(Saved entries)
-- ===== src/VhostUser/Backend.antt =====
-- A virtio device behind vhost-user: the delegation that adds the feature PROTOCOL_FEATURES.
-- (vhost-user/src/backend.rs; the trait VirtioDevice is in virtio/src/lib.rs)
use virtio_device_poc.Base.{
  ℕ, ◌^◌, ◌≤◌, ◌≡◌, refl, sym, ap, ◌∙◌, Bool, Option, none, some, List, Result, ◌==◌, if◌then◌else◌,
  bit_and, bit_or, bit_xor, arith, by_bool, eq→==, ◌*◌, ℕ_discrete,
}
use mathlib.Core.Option.{some-injective}
use virtio_device_poc.Base.Bits.{
  bit, bit_ext, bit-bit_or, bit-bit_and, bit-bit_xor, bit_and-pow, bit-pow_self, bit-pow_ne,
  bit-le-one,
}
use virtio_device_poc.VhostUser.Host.{Host}
use virtio_device_poc.VhostUser.Vring.{Vring}
use virtio_device_poc.VhostUser.Handler.Types.{Device, DeviceLaws}

-- VirtioDevice; `none` is a panic.
pub record VirtioDevice (h : Host) : Type 1 where
  pub State : Type 0
  pub avail_features : State → ℕ
  pub acked_features : State → ℕ
  pub set_acked_features : State → ℕ → State
  pub queues : State → List ℕ
  pub read_config : State → ℕ → ℕ → Option (Result (List ℕ) ℕ)
  pub write_config : State → ℕ → List ℕ → State × Result (Unit {0}) ℕ
  pub activate : State → h.Mem → List (Vring h) → Option (State × Result (Unit {0}) ℕ)
  pub stop : State → State
  pub reset : State → State × Result Bool ℕ

-- The offered features are constant.
pub record VirtioLaws (h : Host) (v : VirtioDevice h) : Type 0 where
  pub offers-set_acked :
      (x : v.State) (f : ℕ) → v.avail_features (v.set_acked_features x f) ≡ v.avail_features x
  pub offers-write :
      (x : v.State) (offset : ℕ) (buf : List ℕ)
      → v.avail_features (v.write_config x offset buf).0 ≡ v.avail_features x
  pub offers-activate :
      (x y : v.State) (mem : h.Mem) (vrings : List (Vring h)) (r : Result (Unit {0}) ℕ)
      → v.activate x mem vrings ≡ some (y, r)
      → v.avail_features y ≡ v.avail_features x
  pub offers-reset : (x : v.State) → v.avail_features (v.reset x).0 ≡ v.avail_features x

module _ (h : Host) (v : VirtioDevice h) (protocol_features : v.State → ℕ) where
  abbrev protocol_bit : ℕ
  protocol_bit = 2 ^ h.protocol_features_bit

  unfoldable pub avail_features : v.State → ℕ
  avail_features x = bit_or (v.avail_features x) protocol_bit

  unfoldable pub acked_features : v.State → ℕ
  acked_features x = bit_or (v.acked_features x) protocol_bit

  -- `none` is the failed assertion.
  unfoldable pub set_acked_features : v.State → ℕ → Option v.State
  set_acked_features x acked =
      if bit_and acked protocol_bit == protocol_bit
      then some (v.set_acked_features x (bit_xor acked protocol_bit))
      else none

  -- The VhostUserDevice of a VhostUserDeviceImplementer.
  unfoldable pub implementer : Device h
  unfolding avail_features set_acked_features
  implementer = record {
    State = v.State;
    protocol_features = protocol_features;
    avail_features = avail_features;
    set_acked_features = set_acked_features;
    queues = v.queues;
    read_config = v.read_config;
    write_config = v.write_config;
    activate = v.activate;
    stop = v.stop;
    reset = v.reset;
    set_gpu_socket = λ x gpu_backend. x;
  }

  module _ (laws : VirtioLaws h v) where
    -- The delegation is a lawful device of the handler.
    pub implementer-DeviceLaws : DeviceLaws h implementer
    unfolding implementer avail_features
    implementer-DeviceLaws = record {
      offers-set_acked = λ x y f e. ap (λ a. bit_or a protocol_bit) (same x y f e);
      offers-write = λ x o buf. ap (λ a. bit_or a protocol_bit) (laws.offers-write x o buf);
      offers-activate =
          λ x y m vs r e. ap (λ a. bit_or a protocol_bit) (laws.offers-activate x y m vs r e);
      offers-reset = λ x. ap (λ a. bit_or a protocol_bit) (laws.offers-reset x);
      offers-set_gpu_socket = λ x g. refl;
    }
      where
        same :
            (x y : v.State) (f : ℕ)
            → set_acked_features x f ≡ some y
            → v.avail_features y ≡ v.avail_features x
        same x y f =
            by_bool (λ (o : Option v.State). o ≡ some y → v.avail_features y ≡ v.avail_features x)
              (bit_and f protocol_bit == protocol_bit) _ _
              (λ p e.
                ap v.avail_features
                  (sym (some-injective (v.set_acked_features x (bit_xor f protocol_bit)) y e))
                ∙ laws.offers-set_acked x (bit_xor f protocol_bit))
              (λ p e. cc)

  -- Of a device that acknowledges what it offers, and does not offer PROTOCOL_FEATURES itself: a
  -- set of offered features that includes PROTOCOL_FEATURES is accepted without a panic, and is
  -- then exactly what is acknowledged.
  pub acked_features-set_acked_features :
      (x : v.State) (f : ℕ)
      → ((f' : ℕ) → v.acked_features (v.set_acked_features x f') ≡ bit_and (v.avail_features x) f')
      → bit (v.avail_features x) h.protocol_features_bit ≡ 0
      → bit f h.protocol_features_bit ≡ 1
      → ((i : ℕ) → bit f i ≤ bit (avail_features x) i)
      → (y : v.State) × (set_acked_features x f ≡ some y) × (acked_features y ≡ f)
  unfolding set_acked_features acked_features avail_features
  acked_features-set_acked_features x f keeps free asked offered = (
    v.set_acked_features x (bit_xor f protocol_bit),
    rw
        (eq→== _ protocol_bit
          (bit_and-pow f h.protocol_features_bit ∙ ap (λ b. b * protocol_bit) asked ∙ omega arith))
        refl,
    ap (λ a. bit_or a protocol_bit) (keeps (bit_xor f protocol_bit)) ∙ bit_ext _ _ same_bit,
  )
    where
      same_bit :
          (i : ℕ)
          → bit (bit_or (bit_and (v.avail_features x) (bit_xor f protocol_bit)) protocol_bit) i
            ≡ bit f i
      same_bit i =
          let kept = bit_and (v.avail_features x) (bit_xor f protocol_bit) in
          elim (ℕ_discrete h.protocol_features_bit i) [
            | yes here ↦ omega (
              arith,
              bit-bit_or kept protocol_bit i,
              bit-bit_and (v.avail_features x) (bit_xor f protocol_bit) i,
              ap (bit protocol_bit) (sym here) ∙ bit-pow_self h.protocol_features_bit,
              ap (bit f) (sym here) ∙ asked,
              ap (bit (v.avail_features x)) (sym here) ∙ free,
            )
            | no other ↦ omega (
              arith,
              bit-bit_or kept protocol_bit i,
              bit-bit_and (v.avail_features x) (bit_xor f protocol_bit) i,
              bit-bit_xor f protocol_bit i,
              bit-bit_or (v.avail_features x) protocol_bit i,
              bit-pow_ne h.protocol_features_bit i other,
              bit-le-one f i,
              offered i,
            )
          ]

__Exercise prompt__
All entries must be printed exactly, with nothing omitted.

__Response to the exercise__
-- ===== src/VhostUser/Backend.antt =====
-- A virtio device behind vhost-user: the delegation that adds the feature PROTOCOL_FEATURES.
-- (vhost-user/src/backend.rs; the trait VirtioDevice is in virtio/src/lib.rs)
use virtio_device_poc.Base.{
  ℕ, ◌^◌, ◌≤◌, ◌≡◌, refl, sym, ap, ◌∙◌, Bool, Option, none, some, List, Result, ◌==◌, if◌then◌else◌,
  bit_and, bit_or, bit_xor, arith, by_bool, eq→==, ◌*◌, ℕ_discrete,
}
use mathlib.Core.Option.{some-injective}
use virtio_device_poc.Base.Bits.{
  bit, bit_ext, bit-bit_or, bit-bit_and, bit-bit_xor, bit_and-pow, bit-pow_self, bit-pow_ne,
  bit-le-one,
}
use virtio_device_poc.VhostUser.Host.{Host}
use virtio_device_poc.VhostUser.Vring.{Vring}
use virtio_device_poc.VhostUser.Handler.Types.{Device, DeviceLaws}

-- VirtioDevice; `none` is a panic.
pub record VirtioDevice (h : Host) : Type 1 where
  pub State : Type 0
  pub avail_features : State → ℕ
  pub acked_features : State → ℕ
  pub set_acked_features : State → ℕ → State
  pub queues : State → List ℕ
  pub read_config : State → ℕ → ℕ → Option (Result (List ℕ) ℕ)
  pub write_config : State → ℕ → List ℕ → State × Result (Unit {0}) ℕ
  pub activate : State → h.Mem → List (Vring h) → Option (State × Result (Unit {0}) ℕ)
  pub stop : State → State
  pub reset : State → State × Result Bool ℕ

-- The offered features are constant.
pub record VirtioLaws (h : Host) (v : VirtioDevice h) : Type 0 where
  pub offers-set_acked :
      (x : v.State) (f : ℕ) → v.avail_features (v.set_acked_features x f) ≡ v.avail_features x
  pub offers-write :
      (x : v.State) (offset : ℕ) (buf : List ℕ)
      → v.avail_features (v.write_config x offset buf).0 ≡ v.avail_features x
  pub offers-activate :
      (x y : v.State) (mem : h.Mem) (vrings : List (Vring h)) (r : Result (Unit {0}) ℕ)
      → v.activate x mem vrings ≡ some (y, r)
      → v.avail_features y ≡ v.avail_features x
  pub offers-reset : (x : v.State) → v.avail_features (v.reset x).0 ≡ v.avail_features x

module _ (h : Host) (v : VirtioDevice h) (protocol_features : v.State → ℕ) where
  abbrev protocol_bit : ℕ
  protocol_bit = 2 ^ h.protocol_features_bit

  unfoldable pub avail_features : v.State → ℕ
  avail_features x = bit_or (v.avail_features x) protocol_bit

  unfoldable pub acked_features : v.State → ℕ
  acked_features x = bit_or (v.acked_features x) protocol_bit

  -- `none` is the failed assertion.
  unfoldable pub set_acked_features : v.State → ℕ → Option v.State
  set_acked_features x acked =
      if bit_and acked protocol_bit == protocol_bit
      then some (v.set_acked_features x (bit_xor acked protocol_bit))
      else none

  -- The VhostUserDevice of a VhostUserDeviceImplementer.
  unfoldable pub implementer : Device h
  unfolding avail_features set_acked_features
  implementer = record {
    State = v.State;
    protocol_features = protocol_features;
    avail_features = avail_features;
    set_acked_features = set_acked_features;
    queues = v.queues;
    read_config = v.read_config;
    write_config = v.write_config;
    activate = v.activate;
    stop = v.stop;
    reset = v.reset;
    set_gpu_socket = λ x gpu_backend. x;
  }

  module _ (laws : VirtioLaws h v) where
    -- The delegation is a lawful device of the handler.
    pub implementer-DeviceLaws : DeviceLaws h implementer
    unfolding implementer avail_features
    implementer-DeviceLaws = record {
      offers-set_acked = λ x y f e. ap (λ a. bit_or a protocol_bit) (same x y f e);
      offers-write = λ x o buf. ap (λ a. bit_or a protocol_bit) (laws.offers-write x o buf);
      offers-activate =
          λ x y m vs r e. ap (λ a. bit_or a protocol_bit) (laws.offers-activate x y m vs r e);
      offers-reset = λ x. ap (λ a. bit_or a protocol_bit) (laws.offers-reset x);
      offers-set_gpu_socket = λ x g. refl;
    }
      where
        same :
            (x y : v.State) (f : ℕ)
            → set_acked_features x f ≡ some y
            → v.avail_features y ≡ v.avail_features x
        same x y f =
            by_bool (λ (o : Option v.State). o ≡ some y → v.avail_features y ≡ v.avail_features x)
              (bit_and f protocol_bit == protocol_bit) _ _
              (λ p e.
                ap v.avail_features
                  (sym (some-injective (v.set_acked_features x (bit_xor f protocol_bit)) y e))
                ∙ laws.offers-set_acked x (bit_xor f protocol_bit))
              (λ p e. cc)

  -- Of a device that acknowledges what it offers, and does not offer PROTOCOL_FEATURES itself: a
  -- set of offered features that includes PROTOCOL_FEATURES is accepted without a panic, and is
  -- then exactly what is acknowledged.
  pub acked_features-set_acked_features :
      (x : v.State) (f : ℕ)
      → ((f' : ℕ) → v.acked_features (v.set_acked_features x f') ≡ bit_and (v.avail_features x) f')
      → bit (v.avail_features x) h.protocol_features_bit ≡ 0
      → bit f h.protocol_features_bit ≡ 1
      → ((i : ℕ) → bit f i ≤ bit (avail_features x) i)
      → (y : v.State) × (set_acked_features x f ≡ some y) × (acked_features y ≡ f)
  unfolding set_acked_features acked_features avail_features
  acked_features-set_acked_features x f keeps free asked offered = (
    v.set_acked_features x (bit_xor f protocol_bit),
    rw
        (eq→== _ protocol_bit
          (bit_and-pow f h.protocol_features_bit ∙ ap (λ b. b * protocol_bit) asked ∙ omega arith))
        refl,
    ap (λ a. bit_or a protocol_bit) (keeps (bit_xor f protocol_bit)) ∙ bit_ext _ _ same_bit,
  )
    where
      same_bit :
          (i : ℕ)
          → bit (bit_or (bit_and (v.avail_features x) (bit_xor f protocol_bit)) protocol_bit) i
            ≡ bit f i
      same_bit i =
          let kept = bit_and (v.avail_features x) (bit_xor f protocol_bit) in
          elim (ℕ_discrete h.protocol_features_bit i) [
            | yes here ↦ omega (
              arith,
              bit-bit_or kept protocol_bit i,
              bit-bit_and (v.avail_features x) (bit_xor f protocol_bit) i,
              ap (bit protocol_bit) (sym here) ∙ bit-pow_self h.protocol_features_bit,
              ap (bit f) (sym here) ∙ asked,
              ap (bit (v.avail_features x)) (sym here) ∙ free,
            )
            | no other ↦ omega (
              arith,
              bit-bit_or kept protocol_bit i,
              bit-bit_and (v.avail_features x) (bit_xor f protocol_bit) i,
              bit-bit_xor f protocol_bit i,
              bit-bit_or (v.avail_features x) protocol_bit i,
              bit-pow_ne h.protocol_features_bit i other,
              bit-le-one f i,
              offered i,
            )
          ]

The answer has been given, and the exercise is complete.